» **What is expected**
Your task is to gather the lines below that hold the string "some".

» **The records**
++++++++++
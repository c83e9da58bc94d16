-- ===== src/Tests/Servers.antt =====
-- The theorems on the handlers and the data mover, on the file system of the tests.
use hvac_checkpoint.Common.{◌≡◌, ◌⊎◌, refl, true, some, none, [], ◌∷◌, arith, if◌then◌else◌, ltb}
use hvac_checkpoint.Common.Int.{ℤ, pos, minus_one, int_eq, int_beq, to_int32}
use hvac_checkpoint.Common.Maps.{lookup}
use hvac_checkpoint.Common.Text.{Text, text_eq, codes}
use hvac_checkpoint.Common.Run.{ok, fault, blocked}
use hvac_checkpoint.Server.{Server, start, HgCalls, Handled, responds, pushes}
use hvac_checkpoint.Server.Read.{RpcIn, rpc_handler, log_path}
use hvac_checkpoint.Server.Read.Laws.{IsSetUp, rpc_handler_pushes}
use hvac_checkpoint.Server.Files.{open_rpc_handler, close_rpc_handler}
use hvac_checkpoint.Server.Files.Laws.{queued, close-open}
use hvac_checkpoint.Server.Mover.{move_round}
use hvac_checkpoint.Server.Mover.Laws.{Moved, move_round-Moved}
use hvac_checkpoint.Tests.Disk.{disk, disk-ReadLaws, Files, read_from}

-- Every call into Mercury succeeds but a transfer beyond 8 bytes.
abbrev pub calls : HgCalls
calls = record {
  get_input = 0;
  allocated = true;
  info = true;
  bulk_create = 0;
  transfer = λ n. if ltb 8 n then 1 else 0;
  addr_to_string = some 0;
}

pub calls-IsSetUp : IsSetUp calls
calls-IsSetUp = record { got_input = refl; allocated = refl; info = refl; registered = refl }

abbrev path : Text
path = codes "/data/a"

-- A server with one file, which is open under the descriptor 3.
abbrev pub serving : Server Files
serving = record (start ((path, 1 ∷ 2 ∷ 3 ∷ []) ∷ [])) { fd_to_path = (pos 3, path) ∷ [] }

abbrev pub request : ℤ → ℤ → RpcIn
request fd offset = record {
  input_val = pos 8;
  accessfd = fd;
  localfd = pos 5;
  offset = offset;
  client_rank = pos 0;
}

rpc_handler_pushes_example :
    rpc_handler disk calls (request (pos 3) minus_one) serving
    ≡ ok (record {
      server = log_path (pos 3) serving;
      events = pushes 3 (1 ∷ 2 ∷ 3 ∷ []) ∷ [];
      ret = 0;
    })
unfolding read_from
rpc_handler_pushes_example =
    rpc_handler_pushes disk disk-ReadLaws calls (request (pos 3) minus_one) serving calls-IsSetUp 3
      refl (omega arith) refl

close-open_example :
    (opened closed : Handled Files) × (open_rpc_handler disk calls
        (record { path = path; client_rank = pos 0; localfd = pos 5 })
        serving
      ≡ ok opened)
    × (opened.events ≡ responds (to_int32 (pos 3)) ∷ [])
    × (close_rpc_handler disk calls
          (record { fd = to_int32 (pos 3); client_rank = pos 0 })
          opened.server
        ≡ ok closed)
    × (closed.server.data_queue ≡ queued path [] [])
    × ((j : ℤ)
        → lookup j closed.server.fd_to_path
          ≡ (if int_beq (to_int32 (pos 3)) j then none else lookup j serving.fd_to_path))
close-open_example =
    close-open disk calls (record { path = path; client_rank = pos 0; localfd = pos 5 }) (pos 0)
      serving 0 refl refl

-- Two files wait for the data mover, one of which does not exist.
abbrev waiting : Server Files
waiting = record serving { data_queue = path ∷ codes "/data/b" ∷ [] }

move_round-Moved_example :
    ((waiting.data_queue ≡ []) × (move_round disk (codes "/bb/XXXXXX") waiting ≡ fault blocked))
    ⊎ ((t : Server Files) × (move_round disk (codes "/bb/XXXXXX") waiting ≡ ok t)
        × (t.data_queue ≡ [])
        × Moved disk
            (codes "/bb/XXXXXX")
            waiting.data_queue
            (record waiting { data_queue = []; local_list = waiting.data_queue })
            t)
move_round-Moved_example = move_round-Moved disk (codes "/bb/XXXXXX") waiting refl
++++++++++
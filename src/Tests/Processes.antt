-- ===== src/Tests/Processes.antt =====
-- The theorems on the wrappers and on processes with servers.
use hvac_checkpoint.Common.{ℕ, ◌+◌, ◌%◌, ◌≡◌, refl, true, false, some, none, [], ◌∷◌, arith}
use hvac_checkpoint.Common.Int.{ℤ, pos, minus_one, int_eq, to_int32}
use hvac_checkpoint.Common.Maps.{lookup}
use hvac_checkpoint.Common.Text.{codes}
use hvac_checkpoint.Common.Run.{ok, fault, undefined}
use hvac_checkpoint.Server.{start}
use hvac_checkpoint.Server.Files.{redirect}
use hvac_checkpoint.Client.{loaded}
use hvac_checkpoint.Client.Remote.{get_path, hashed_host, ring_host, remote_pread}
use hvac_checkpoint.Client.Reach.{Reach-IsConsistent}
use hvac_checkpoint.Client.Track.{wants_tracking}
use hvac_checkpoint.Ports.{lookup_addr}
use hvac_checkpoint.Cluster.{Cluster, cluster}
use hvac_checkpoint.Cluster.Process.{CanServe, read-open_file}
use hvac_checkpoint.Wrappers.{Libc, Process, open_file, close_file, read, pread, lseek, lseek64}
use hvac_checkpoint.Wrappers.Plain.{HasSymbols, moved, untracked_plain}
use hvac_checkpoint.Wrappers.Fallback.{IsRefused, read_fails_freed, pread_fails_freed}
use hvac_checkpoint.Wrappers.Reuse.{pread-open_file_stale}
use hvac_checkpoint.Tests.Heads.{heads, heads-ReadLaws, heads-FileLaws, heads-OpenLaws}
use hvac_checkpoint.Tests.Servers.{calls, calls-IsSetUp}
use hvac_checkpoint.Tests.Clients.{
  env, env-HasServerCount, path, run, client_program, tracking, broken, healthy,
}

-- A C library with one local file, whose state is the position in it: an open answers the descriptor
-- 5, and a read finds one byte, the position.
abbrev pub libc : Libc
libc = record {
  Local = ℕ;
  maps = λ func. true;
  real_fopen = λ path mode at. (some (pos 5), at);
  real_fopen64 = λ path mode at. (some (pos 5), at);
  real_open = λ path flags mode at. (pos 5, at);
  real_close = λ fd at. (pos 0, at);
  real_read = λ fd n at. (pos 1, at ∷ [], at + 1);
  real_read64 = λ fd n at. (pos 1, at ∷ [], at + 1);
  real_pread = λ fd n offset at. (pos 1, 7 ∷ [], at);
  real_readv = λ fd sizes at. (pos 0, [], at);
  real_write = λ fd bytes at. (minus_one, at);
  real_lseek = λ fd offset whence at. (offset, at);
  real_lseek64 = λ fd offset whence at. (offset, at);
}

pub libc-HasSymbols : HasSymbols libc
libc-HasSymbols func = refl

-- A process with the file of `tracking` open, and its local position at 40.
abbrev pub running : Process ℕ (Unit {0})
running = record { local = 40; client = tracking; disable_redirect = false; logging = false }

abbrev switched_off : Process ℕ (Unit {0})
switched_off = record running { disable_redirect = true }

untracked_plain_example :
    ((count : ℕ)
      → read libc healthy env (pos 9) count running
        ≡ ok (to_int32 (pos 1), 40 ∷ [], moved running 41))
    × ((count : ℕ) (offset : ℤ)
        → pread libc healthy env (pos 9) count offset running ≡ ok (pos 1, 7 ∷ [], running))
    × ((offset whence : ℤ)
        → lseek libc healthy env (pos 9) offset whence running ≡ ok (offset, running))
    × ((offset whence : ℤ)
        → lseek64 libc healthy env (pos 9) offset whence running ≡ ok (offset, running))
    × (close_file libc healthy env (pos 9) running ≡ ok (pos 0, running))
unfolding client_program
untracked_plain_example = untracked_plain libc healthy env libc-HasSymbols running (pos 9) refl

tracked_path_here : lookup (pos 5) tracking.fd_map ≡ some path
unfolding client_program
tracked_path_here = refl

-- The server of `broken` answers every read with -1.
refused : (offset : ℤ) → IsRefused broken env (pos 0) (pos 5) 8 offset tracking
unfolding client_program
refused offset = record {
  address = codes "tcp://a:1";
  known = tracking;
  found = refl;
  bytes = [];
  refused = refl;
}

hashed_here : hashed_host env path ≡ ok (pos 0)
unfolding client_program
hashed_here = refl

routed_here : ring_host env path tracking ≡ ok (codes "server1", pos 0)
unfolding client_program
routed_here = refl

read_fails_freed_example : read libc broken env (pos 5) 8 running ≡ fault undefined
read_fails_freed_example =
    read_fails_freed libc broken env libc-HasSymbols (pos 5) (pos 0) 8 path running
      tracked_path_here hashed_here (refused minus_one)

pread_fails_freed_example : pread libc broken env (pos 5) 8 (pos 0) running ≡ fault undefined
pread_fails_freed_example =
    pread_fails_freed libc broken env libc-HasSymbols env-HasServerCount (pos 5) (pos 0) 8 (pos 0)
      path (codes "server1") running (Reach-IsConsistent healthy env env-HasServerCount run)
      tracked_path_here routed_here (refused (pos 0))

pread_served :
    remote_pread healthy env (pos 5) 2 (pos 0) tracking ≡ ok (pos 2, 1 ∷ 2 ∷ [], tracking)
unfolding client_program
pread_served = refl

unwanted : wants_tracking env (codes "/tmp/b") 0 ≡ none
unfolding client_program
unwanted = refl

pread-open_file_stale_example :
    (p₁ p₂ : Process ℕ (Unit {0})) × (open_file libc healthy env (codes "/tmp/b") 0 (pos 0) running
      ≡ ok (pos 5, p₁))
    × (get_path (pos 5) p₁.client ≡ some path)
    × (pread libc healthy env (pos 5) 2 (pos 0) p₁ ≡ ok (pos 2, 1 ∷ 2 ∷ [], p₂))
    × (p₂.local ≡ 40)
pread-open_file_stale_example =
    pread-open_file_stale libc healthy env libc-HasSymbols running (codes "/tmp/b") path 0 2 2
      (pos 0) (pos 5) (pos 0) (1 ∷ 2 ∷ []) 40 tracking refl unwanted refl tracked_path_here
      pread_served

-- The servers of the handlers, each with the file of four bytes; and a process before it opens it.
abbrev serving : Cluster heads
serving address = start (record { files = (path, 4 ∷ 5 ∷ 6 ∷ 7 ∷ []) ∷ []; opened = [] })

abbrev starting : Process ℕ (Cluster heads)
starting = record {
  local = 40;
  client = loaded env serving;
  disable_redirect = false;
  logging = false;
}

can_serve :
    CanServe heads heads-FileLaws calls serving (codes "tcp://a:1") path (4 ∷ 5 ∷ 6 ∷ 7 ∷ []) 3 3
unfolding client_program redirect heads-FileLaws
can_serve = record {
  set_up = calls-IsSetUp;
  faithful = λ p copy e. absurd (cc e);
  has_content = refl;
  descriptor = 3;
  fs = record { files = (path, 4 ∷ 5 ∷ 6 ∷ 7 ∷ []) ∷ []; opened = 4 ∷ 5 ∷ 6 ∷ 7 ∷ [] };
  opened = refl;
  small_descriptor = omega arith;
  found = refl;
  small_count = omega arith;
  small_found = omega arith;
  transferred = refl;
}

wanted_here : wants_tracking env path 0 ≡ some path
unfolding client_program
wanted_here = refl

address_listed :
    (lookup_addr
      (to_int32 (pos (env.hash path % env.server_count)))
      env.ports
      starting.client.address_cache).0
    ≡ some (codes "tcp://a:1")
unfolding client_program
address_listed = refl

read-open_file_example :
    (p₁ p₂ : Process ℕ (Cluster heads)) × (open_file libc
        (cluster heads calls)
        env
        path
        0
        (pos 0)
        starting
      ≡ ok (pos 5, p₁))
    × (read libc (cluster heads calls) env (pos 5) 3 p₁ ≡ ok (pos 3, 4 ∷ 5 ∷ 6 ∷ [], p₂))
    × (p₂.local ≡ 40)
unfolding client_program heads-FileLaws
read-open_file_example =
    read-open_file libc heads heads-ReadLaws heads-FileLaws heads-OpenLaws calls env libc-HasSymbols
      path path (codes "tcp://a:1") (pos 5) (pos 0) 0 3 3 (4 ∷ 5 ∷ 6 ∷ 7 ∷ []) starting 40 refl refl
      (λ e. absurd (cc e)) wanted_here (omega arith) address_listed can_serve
++++++++++
» **Response below**
use hvac_checkpoint.Common.{◌≡◌, ◌⊎◌, refl, true, some, none, [], ◌∷◌, arith, if◌then◌else◌, ltb}
  addr_to_string = some 0;
use hvac_checkpoint.Common.{ℕ, ◌+◌, ◌%◌, ◌≡◌, refl, true, false, some, none, [], ◌∷◌, arith}
  real_fopen = λ path mode at. (some (pos 5), at);
  real_fopen64 = λ path mode at. (some (pos 5), at);
tracked_path_here : lookup (pos 5) tracking.fd_map ≡ some path
    × (get_path (pos 5) p₁.client ≡ some path)
wanted_here : wants_tracking env path 0 ≡ some path
    ≡ some (codes "tcp://a:1")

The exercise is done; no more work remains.